Sometimes I don’t feel Christian enough. Although I have been born again for over a decade, like Paul, sometimes I feel like ‘the least of the apostles’ (in my case Christian). This feeling has always been at the back of my mind until it resurfaced when God spoke to me (He truly knows our thoughts). Yesterday, I was busy reading and out of nowhere, God clearly spoke to me and said, ‘Not Christian enough?’ And before I could respond, ‘Say what God?’ The Lord told me to write down reasons why I feel I am not Christian enough. It was too late before I knew that God was excavating my unspoken thoughts. Although I would rather perform an exorcism than write this down, I had to obey my Father, and after enough whimpers, I set to write.
- I usually laugh at uncalled for times- Lord you otta make me more serious
- I love sarcasm and wit more than anything else- only for laughs though Lord
- I almost never start a greeting with a ‘Praise the Lord’ or end every sentence with a ‘God is good’- But I usually say ‘Amen’ Lord, at least?
- I am not gifted in affixing spiritual terms in every sentence I make during my conversations- it is only later Lord that I think how such and such verse would have been suitable for that occasion
- I actually cringe when someone overuses ‘Church vocabulary’ in a normal conversation- usually I don’t know how to respond Lord
- I usually only go to Church on Sundays, I do not spend each day of the week in ‘your house’

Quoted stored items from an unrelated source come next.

-- ===== src/Text/Map.antt =====
-- `std::map<std::string, V>` as the list of its pairs in iteration order.
use mathlib.Core.Option
use dfss.Base.{
  ◌≡◌, refl, inl, inr, true, false, Option, none, some, List, [], ◌∷◌, arith, if◌then◌else◌,
  Bool-cases,
}
use dfss.Text.{Str, str_eq, str_eq_iff}
use dfss.Text.Order.{str_lt, str_lt_trans, str_lt_irrefl, str_lt_total}

ne_of_lt : (k j : Str) → str_lt k j ≡ true → str_eq k j ≡ false
ne_of_lt k j h = elim (Bool-cases (str_eq k j)) [
  | inr e ↦ e
  | inl e ↦ ground (arith, str_eq_iff k j, str_lt_irrefl k)
]

module _ {V : Type 0} where
  -- `m.find(k)`: `none` is `m.end()`.
  unfoldable pub map_find : Str → List (Str × V) → Option V
  map_find k [] = none
  map_find k ((j, w) ∷ m) = if str_eq k j then some w else map_find k m

  -- `m.insert({k, v})`: a key that is there keeps its value.
  unfoldable pub map_insert : Str → V → List (Str × V) → List (Str × V)
  map_insert k v [] = (k, v) ∷ []
  map_insert k v ((j, w) ∷ m) =
      if str_eq k j
      then (j, w) ∷ m
      else if str_lt k j
      then (k, v) ∷ (j, w) ∷ m
      else (j, w) ∷ map_insert k v m

  -- A change of `it->second` at the key.
  unfoldable pub map_modify : (V → V) → Str → List (Str × V) → List (Str × V)
  map_modify f k [] = []
  map_modify f k ((j, w) ∷ m) = if str_eq k j then (j, f w) ∷ m else (j, w) ∷ map_modify f k m

  -- `m[k] = v`
  unfoldable pub map_set : Str → V → List (Str × V) → List (Str × V)
  map_set k v [] = (k, v) ∷ []
  map_set k v ((j, w) ∷ m) =
      if str_eq k j
      then (j, v) ∷ m
      else if str_lt k j
      then (k, v) ∷ (j, w) ∷ m
      else (j, w) ∷ map_set k v m

  abbrev pub KeysAbove : Str → List (Str × V) → Type 0
  KeysAbove k [] = Unit {0}
  KeysAbove k ((j, w) ∷ m) = (str_lt k j ≡ true) × KeysAbove k m

  -- The keys rise strictly.
  abbrev pub IsSorted : List (Str × V) → Type 0
  IsSorted [] = Unit {0}
  IsSorted ((j, w) ∷ m) = KeysAbove j m × IsSorted m

  KeysAbove-trans :
      (k j : Str) (m : List (Str × V)) → str_lt k j ≡ true → KeysAbove j m → KeysAbove k m
  KeysAbove-trans k j [] h a = tt
  KeysAbove-trans k j ((i, w) ∷ m) h a = (str_lt_trans k j i h a.0, KeysAbove-trans k j m h a.1)

  pub find-above : (k : Str) (m : List (Str × V)) → KeysAbove k m → map_find k m ≡ none
  unfolding map_find
  find-above k [] a = refl
  find-above k ((j, w) ∷ m) a = rw (ne_of_lt k j a.0) (find-above k m a.1)

  KeysAbove-insert :
      (k j : Str) (v : V) (m : List (Str × V))
      → str_lt j k ≡ true
      → KeysAbove j m
      → KeysAbove j (map_insert k v m)
  unfolding map_insert
  KeysAbove-insert k j v [] h a = (h, tt)
  KeysAbove-insert k j v ((i, w) ∷ m) h a = ground (arith, KeysAbove-insert k j v m h a.1)

  pub map_insert-IsSorted :
      (k : Str) (v : V) (m : List (Str × V)) → IsSorted m → IsSorted (map_insert k v m)
  unfolding map_insert
  map_insert-IsSorted k v [] s = (tt, tt)
  map_insert-IsSorted k v ((j, w) ∷ m) s = elim (Bool-cases (str_eq k j)) [
    | inl same ↦ rw same s
    | inr other ↦ elim (Bool-cases (str_lt k j)) [
      | inl below ↦ rw (other, below) ((below, KeysAbove-trans k j m below s.0), s)
      | inr above ↦
          rw (other, above)
            (
              KeysAbove-insert k j v m (str_lt_total k j above other) s.0,
              map_insert-IsSorted k v m s.1,
            )
    ]
  ]

  KeysAbove-modify :
      (f : V → V) (k j : Str) (m : List (Str × V)) → KeysAbove j m → KeysAbove j (map_modify f k m)
  unfolding map_modify
  KeysAbove-modify f k j [] a = tt
  KeysAbove-modify f k j ((i, w) ∷ m) a = ground (arith, KeysAbove-modify f k j m a.1)

  pub map_modify-IsSorted :
      (f : V → V) (k : Str) (m : List (Str × V)) → IsSorted m → IsSorted (map_modify f k m)
  unfolding map_modify
  map_modify-IsSorted f k [] s = tt
  map_modify-IsSorted f k ((j, w) ∷ m) s =
      ground (arith, map_modify-IsSorted f k m s.1, KeysAbove-modify f k j m s.0)

  pub find-modify :
      (f : V → V) (k i : Str) (m : List (Str × V))
      → map_find i (map_modify f k m)
        ≡ (if str_eq i k then Option.map f (map_find k m) else map_find i m)
  unfolding map_find map_modify
  find-modify f k i [] = ground arith
  find-modify f k i ((j, w) ∷ m) =
      ground (arith, find-modify f k i m, str_eq_iff k j, str_eq_iff i j, str_eq_iff i k)

  -- The value that `insert` leaves at the key.
  abbrev pub kept : V → Option V → Option V
  kept v none = some v
  kept v (some w) = some w

  pub find-insert :
      (k i : Str) (v : V) (m : List (Str × V))
      → IsSorted m
      → map_find i (map_insert k v m) ≡ (if str_eq i k then kept v (map_find k m) else map_find i m)
  unfolding map_find map_insert
  find-insert k i v [] s = ground arith
  find-insert k i v ((j, w) ∷ m) s = ground (
    arith,
    find-insert k i v m s.1,
    str_eq_iff k j,
    str_eq_iff i j,
    str_eq_iff i k,
    find-above k m,
    KeysAbove-trans k j m,
    s.0,
  )

  KeysAbove-set :
      (k j : Str) (v : V) (m : List (Str × V))
      → str_lt j k ≡ true
      → KeysAbove j m
      → KeysAbove j (map_set k v m)
  unfolding map_set
  KeysAbove-set k j v [] h a = (h, tt)
  KeysAbove-set k j v ((i, w) ∷ m) h a = ground (arith, KeysAbove-set k j v m h a.1)

  pub map_set-IsSorted :
      (k : Str) (v : V) (m : List (Str × V)) → IsSorted m → IsSorted (map_set k v m)
  unfolding map_set
  map_set-IsSorted k v [] s = (tt, tt)
  map_set-IsSorted k v ((j, w) ∷ m) s = elim (Bool-cases (str_eq k j)) [
    | inl same ↦ rw same s
    | inr other ↦ elim (Bool-cases (str_lt k j)) [
      | inl below ↦ rw (other, below) ((below, KeysAbove-trans k j m below s.0), s)
      | inr above ↦
          rw (other, above)
            (KeysAbove-set k j v m (str_lt_total k j above other) s.0, map_set-IsSorted k v m s.1)
    ]
  ]

  pub find-set :
      (k i : Str) (v : V) (m : List (Str × V))
      → map_find i (map_set k v m) ≡ (if str_eq i k then some v else map_find i m)
  unfolding map_find map_set
  find-set k i v [] = refl
  find-set k i v ((j, w) ∷ m) =
      ground (arith, find-set k i v m, str_eq_iff k j, str_eq_iff i j, str_eq_iff i k)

- I mostly immediately leave Church after service is over
- I prefer to worship You mostly in my house or in the quietness of a prayer room
- Some Bible study groups make me want to fly off the window and never return-Lord, I hate it when the moving of the Spirit is restrained to a ‘fill in the blanks’ type of thing
After I finished listing these down God said, ‘It seems to me you are human enough’ but then I responded, ‘But I have to be Christian.’ I was confused. ‘You have to be human to be Christian,’ He said. I thought about this and after a while spoke, ‘But you know I love you Lord more than anything else, right?’ He responded, ‘Yes,’ and added, ‘I the Lord examine your motives. Quit focusing on the flesh, how is your spiritual condition like?’ With this, the Lord recalled numerous relevant Scriptures to my mind.
Search me, God, and know my heart; test me and know my anxious thoughts. See if there is any offensive way in me, and lead me in the way everlasting ~ Psalm 139:23-24
For the LORD does not see as man sees; for man looks at the outward appearance, but the LORD looks at the heart ~ 1 Samuel 16:7
Beware lest any man spoil you through philosophy and vain deceit, after the tradition of men, after the rudiments of the world, and not after Christ ~ Colossians 2:8
Do not worry about what to say or how to say it ~ Matthew 10:19
If anyone loudly blesses their neighbour early in the morning, it will be taken as a curse ~ Proverbs 27:14
But when you pray, go into your room, close the door and pray to your Father who is unseen ~ Matthew 6:6
To obey is better than sacrifice ~ 1 Samuel 15:22
There is a time for everything and a season for all activity ~ Ecclesiastes 3:1
Do not be overrighteous neither be overwise- why destroy yourself? Do not be overwicked, and do not be a fool- why die before your time? ~ Ecclesiastes 7:16
Let your moderation be known unto all men ~ Philippians 4:5
It is only now that I realize that God viewed my notion of not being ‘Christian enough’ in a satirical way, as if laughing, hence He asked, ‘Not Christian enough?’. Because one is either Christian or not, there is no middle ground. Christianity is not based on feelings or human rudiments, but on a simple fact, following Jesus Christ and keeping His Word- because Christ is enough.